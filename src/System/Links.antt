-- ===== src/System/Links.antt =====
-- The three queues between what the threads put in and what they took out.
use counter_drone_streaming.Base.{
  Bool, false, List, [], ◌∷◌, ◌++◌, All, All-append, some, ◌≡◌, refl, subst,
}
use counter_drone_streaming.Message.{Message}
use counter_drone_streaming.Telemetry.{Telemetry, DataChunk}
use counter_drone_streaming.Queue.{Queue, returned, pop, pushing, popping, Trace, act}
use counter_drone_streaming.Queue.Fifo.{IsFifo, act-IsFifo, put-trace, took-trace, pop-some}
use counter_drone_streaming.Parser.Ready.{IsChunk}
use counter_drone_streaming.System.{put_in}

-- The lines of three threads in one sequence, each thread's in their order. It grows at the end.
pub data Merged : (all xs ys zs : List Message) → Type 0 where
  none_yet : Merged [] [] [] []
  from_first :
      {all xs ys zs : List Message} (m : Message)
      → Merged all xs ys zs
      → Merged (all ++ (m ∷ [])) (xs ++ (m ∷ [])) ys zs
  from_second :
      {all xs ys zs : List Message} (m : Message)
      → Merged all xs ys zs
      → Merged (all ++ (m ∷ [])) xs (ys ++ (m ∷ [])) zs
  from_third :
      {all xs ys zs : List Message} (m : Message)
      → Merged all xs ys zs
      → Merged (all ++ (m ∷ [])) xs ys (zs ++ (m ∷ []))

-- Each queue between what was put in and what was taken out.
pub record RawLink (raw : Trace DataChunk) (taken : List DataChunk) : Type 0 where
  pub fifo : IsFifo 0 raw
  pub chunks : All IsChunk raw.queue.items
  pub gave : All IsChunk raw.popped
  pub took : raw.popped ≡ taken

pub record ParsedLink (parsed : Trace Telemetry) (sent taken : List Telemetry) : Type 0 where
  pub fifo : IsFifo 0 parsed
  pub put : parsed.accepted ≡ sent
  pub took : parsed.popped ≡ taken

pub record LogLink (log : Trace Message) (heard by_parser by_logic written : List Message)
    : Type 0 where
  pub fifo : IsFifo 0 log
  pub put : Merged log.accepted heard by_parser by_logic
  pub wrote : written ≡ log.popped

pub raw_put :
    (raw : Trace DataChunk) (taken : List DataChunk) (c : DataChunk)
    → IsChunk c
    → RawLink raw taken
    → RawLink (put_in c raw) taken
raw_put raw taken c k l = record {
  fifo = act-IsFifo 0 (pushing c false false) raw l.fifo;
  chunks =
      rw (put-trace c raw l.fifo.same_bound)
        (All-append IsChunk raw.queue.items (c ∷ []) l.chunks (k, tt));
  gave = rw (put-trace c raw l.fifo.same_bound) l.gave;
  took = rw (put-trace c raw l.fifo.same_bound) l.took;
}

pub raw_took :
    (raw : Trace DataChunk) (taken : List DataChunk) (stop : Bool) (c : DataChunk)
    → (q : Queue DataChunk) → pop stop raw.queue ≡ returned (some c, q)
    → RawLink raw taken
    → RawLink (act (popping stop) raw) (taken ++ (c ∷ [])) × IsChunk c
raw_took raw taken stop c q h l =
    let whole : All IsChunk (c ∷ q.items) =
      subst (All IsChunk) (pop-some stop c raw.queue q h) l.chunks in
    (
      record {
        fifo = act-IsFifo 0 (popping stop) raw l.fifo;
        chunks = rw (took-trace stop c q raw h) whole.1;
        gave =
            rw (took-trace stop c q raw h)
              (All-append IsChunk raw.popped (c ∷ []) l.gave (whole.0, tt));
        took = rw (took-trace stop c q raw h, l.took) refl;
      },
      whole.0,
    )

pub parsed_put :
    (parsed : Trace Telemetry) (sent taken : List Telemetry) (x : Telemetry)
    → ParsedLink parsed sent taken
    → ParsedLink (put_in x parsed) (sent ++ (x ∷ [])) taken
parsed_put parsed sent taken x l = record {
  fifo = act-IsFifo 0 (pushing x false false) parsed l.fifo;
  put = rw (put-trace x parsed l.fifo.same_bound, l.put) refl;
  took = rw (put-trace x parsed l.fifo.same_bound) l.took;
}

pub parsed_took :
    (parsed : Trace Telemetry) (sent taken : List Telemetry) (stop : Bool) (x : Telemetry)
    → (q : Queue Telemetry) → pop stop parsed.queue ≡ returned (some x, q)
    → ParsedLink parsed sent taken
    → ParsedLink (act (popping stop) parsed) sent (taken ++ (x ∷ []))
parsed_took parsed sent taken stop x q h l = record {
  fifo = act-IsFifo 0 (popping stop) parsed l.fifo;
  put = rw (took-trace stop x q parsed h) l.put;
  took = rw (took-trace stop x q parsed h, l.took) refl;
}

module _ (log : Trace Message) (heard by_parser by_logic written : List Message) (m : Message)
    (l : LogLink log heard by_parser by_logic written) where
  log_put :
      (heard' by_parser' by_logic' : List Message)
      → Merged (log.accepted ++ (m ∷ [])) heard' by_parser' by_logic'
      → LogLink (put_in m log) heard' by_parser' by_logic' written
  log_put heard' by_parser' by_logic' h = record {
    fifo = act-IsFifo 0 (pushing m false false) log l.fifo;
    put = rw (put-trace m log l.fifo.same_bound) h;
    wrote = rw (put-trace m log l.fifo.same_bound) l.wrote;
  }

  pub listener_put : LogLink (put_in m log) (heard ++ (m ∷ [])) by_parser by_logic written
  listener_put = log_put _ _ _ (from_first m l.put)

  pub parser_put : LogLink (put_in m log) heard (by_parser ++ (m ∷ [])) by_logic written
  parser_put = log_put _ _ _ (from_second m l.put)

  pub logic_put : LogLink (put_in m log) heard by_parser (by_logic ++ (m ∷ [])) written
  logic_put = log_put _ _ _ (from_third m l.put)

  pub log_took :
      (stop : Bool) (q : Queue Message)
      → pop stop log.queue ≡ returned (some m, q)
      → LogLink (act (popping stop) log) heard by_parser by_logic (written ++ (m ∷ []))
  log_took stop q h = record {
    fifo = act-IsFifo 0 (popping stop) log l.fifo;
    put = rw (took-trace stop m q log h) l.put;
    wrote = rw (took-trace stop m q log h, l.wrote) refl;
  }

> WORK INSTRUCTIONS: Could you print all of the entries again exactly as they stand?

> RESPONSE TO THE EXERCISE:
filename src/System/Links.antt
-- ===== src/System/Links.antt =====
-- The three queues between what the threads put in and what they took out.
use counter_drone_streaming.Base.{
  Bool, false, List, [], ◌∷◌, ◌++◌, All, All-append, some, ◌≡◌, refl, subst,
}
use counter_drone_streaming.Message.{Message}
use counter_drone_streaming.Telemetry.{Telemetry, DataChunk}
use counter_drone_streaming.Queue.{Queue, returned, pop, pushing, popping, Trace, act}
use counter_drone_streaming.Queue.Fifo.{IsFifo, act-IsFifo, put-trace, took-trace, pop-some}
use counter_drone_streaming.Parser.Ready.{IsChunk}
use counter_drone_streaming.System.{put_in}

-- The lines of three threads in one sequence, each thread's in their order. It grows at the end.
pub data Merged : (all xs ys zs : List Message) → Type 0 where
  none_yet : Merged [] [] [] []
  from_first :
      {all xs ys zs : List Message} (m : Message)
      → Merged all xs ys zs
      → Merged (all ++ (m ∷ [])) (xs ++ (m ∷ [])) ys zs
  from_second :
      {all xs ys zs : List Message} (m : Message)
      → Merged all xs ys zs
      → Merged (all ++ (m ∷ [])) xs (ys ++ (m ∷ [])) zs
  from_third :
      {all xs ys zs : List Message} (m : Message)
      → Merged all xs ys zs
      → Merged (all ++ (m ∷ [])) xs ys (zs ++ (m ∷ []))

-- Each queue between what was put in and what was taken out.
pub record RawLink (raw : Trace DataChunk) (taken : List DataChunk) : Type 0 where
  pub fifo : IsFifo 0 raw
  pub chunks : All IsChunk raw.queue.items
  pub gave : All IsChunk raw.popped
  pub took : raw.popped ≡ taken

pub record ParsedLink (parsed : Trace Telemetry) (sent taken : List Telemetry) : Type 0 where
  pub fifo : IsFifo 0 parsed
  pub put : parsed.accepted ≡ sent
  pub took : parsed.popped ≡ taken

pub record LogLink (log : Trace Message) (heard by_parser by_logic written : List Message)
    : Type 0 where
  pub fifo : IsFifo 0 log
  pub put : Merged log.accepted heard by_parser by_logic
  pub wrote : written ≡ log.popped

pub raw_put :
    (raw : Trace DataChunk) (taken : List DataChunk) (c : DataChunk)
    → IsChunk c
    → RawLink raw taken
    → RawLink (put_in c raw) taken
raw_put raw taken c k l = record {
  fifo = act-IsFifo 0 (pushing c false false) raw l.fifo;
  chunks =
      rw (put-trace c raw l.fifo.same_bound)
        (All-append IsChunk raw.queue.items (c ∷ []) l.chunks (k, tt));
  gave = rw (put-trace c raw l.fifo.same_bound) l.gave;
  took = rw (put-trace c raw l.fifo.same_bound) l.took;
}

pub raw_took :
    (raw : Trace DataChunk) (taken : List DataChunk) (stop : Bool) (c : DataChunk)
    → (q : Queue DataChunk) → pop stop raw.queue ≡ returned (some c, q)
    → RawLink raw taken
    → RawLink (act (popping stop) raw) (taken ++ (c ∷ [])) × IsChunk c
raw_took raw taken stop c q h l =
    let whole : All IsChunk (c ∷ q.items) =
      subst (All IsChunk) (pop-some stop c raw.queue q h) l.chunks in
    (
      record {
        fifo = act-IsFifo 0 (popping stop) raw l.fifo;
        chunks = rw (took-trace stop c q raw h) whole.1;
        gave =
            rw (took-trace stop c q raw h)
              (All-append IsChunk raw.popped (c ∷ []) l.gave (whole.0, tt));
        took = rw (took-trace stop c q raw h, l.took) refl;
      },
      whole.0,
    )

pub parsed_put :
    (parsed : Trace Telemetry) (sent taken : List Telemetry) (x : Telemetry)
    → ParsedLink parsed sent taken
    → ParsedLink (put_in x parsed) (sent ++ (x ∷ [])) taken
parsed_put parsed sent taken x l = record {
  fifo = act-IsFifo 0 (pushing x false false) parsed l.fifo;
  put = rw (put-trace x parsed l.fifo.same_bound, l.put) refl;
  took = rw (put-trace x parsed l.fifo.same_bound) l.took;
}

pub parsed_took :
    (parsed : Trace Telemetry) (sent taken : List Telemetry) (stop : Bool) (x : Telemetry)
    → (q : Queue Telemetry) → pop stop parsed.queue ≡ returned (some x, q)
    → ParsedLink parsed sent taken
    → ParsedLink (act (popping stop) parsed) sent (taken ++ (x ∷ []))
parsed_took parsed sent taken stop x q h l = record {
  fifo = act-IsFifo 0 (popping stop) parsed l.fifo;
  put = rw (took-trace stop x q parsed h) l.put;
  took = rw (took-trace stop x q parsed h, l.took) refl;
}

module _ (log : Trace Message) (heard by_parser by_logic written : List Message) (m : Message)
    (l : LogLink log heard by_parser by_logic written) where
  log_put :
      (heard' by_parser' by_logic' : List Message)
      → Merged (log.accepted ++ (m ∷ [])) heard' by_parser' by_logic'
      → LogLink (put_in m log) heard' by_parser' by_logic' written
  log_put heard' by_parser' by_logic' h = record {
    fifo = act-IsFifo 0 (pushing m false false) log l.fifo;
    put = rw (put-trace m log l.fifo.same_bound) h;
    wrote = rw (put-trace m log l.fifo.same_bound) l.wrote;
  }

  pub listener_put : LogLink (put_in m log) (heard ++ (m ∷ [])) by_parser by_logic written
  listener_put = log_put _ _ _ (from_first m l.put)

  pub parser_put : LogLink (put_in m log) heard (by_parser ++ (m ∷ [])) by_logic written
  parser_put = log_put _ _ _ (from_second m l.put)

  pub logic_put : LogLink (put_in m log) heard by_parser (by_logic ++ (m ∷ [])) written
  logic_put = log_put _ _ _ (from_third m l.put)

  pub log_took :
      (stop : Bool) (q : Queue Message)
      → pop stop log.queue ≡ returned (some m, q)
      → LogLink (act (popping stop) log) heard by_parser by_logic (written ++ (m ∷ []))
  log_took stop q h = record {
    fifo = act-IsFifo 0 (popping stop) log l.fifo;
    put = rw (took-trace stop m q log h) l.put;
    wrote = rw (took-trace stop m q log h, l.wrote) refl;
  }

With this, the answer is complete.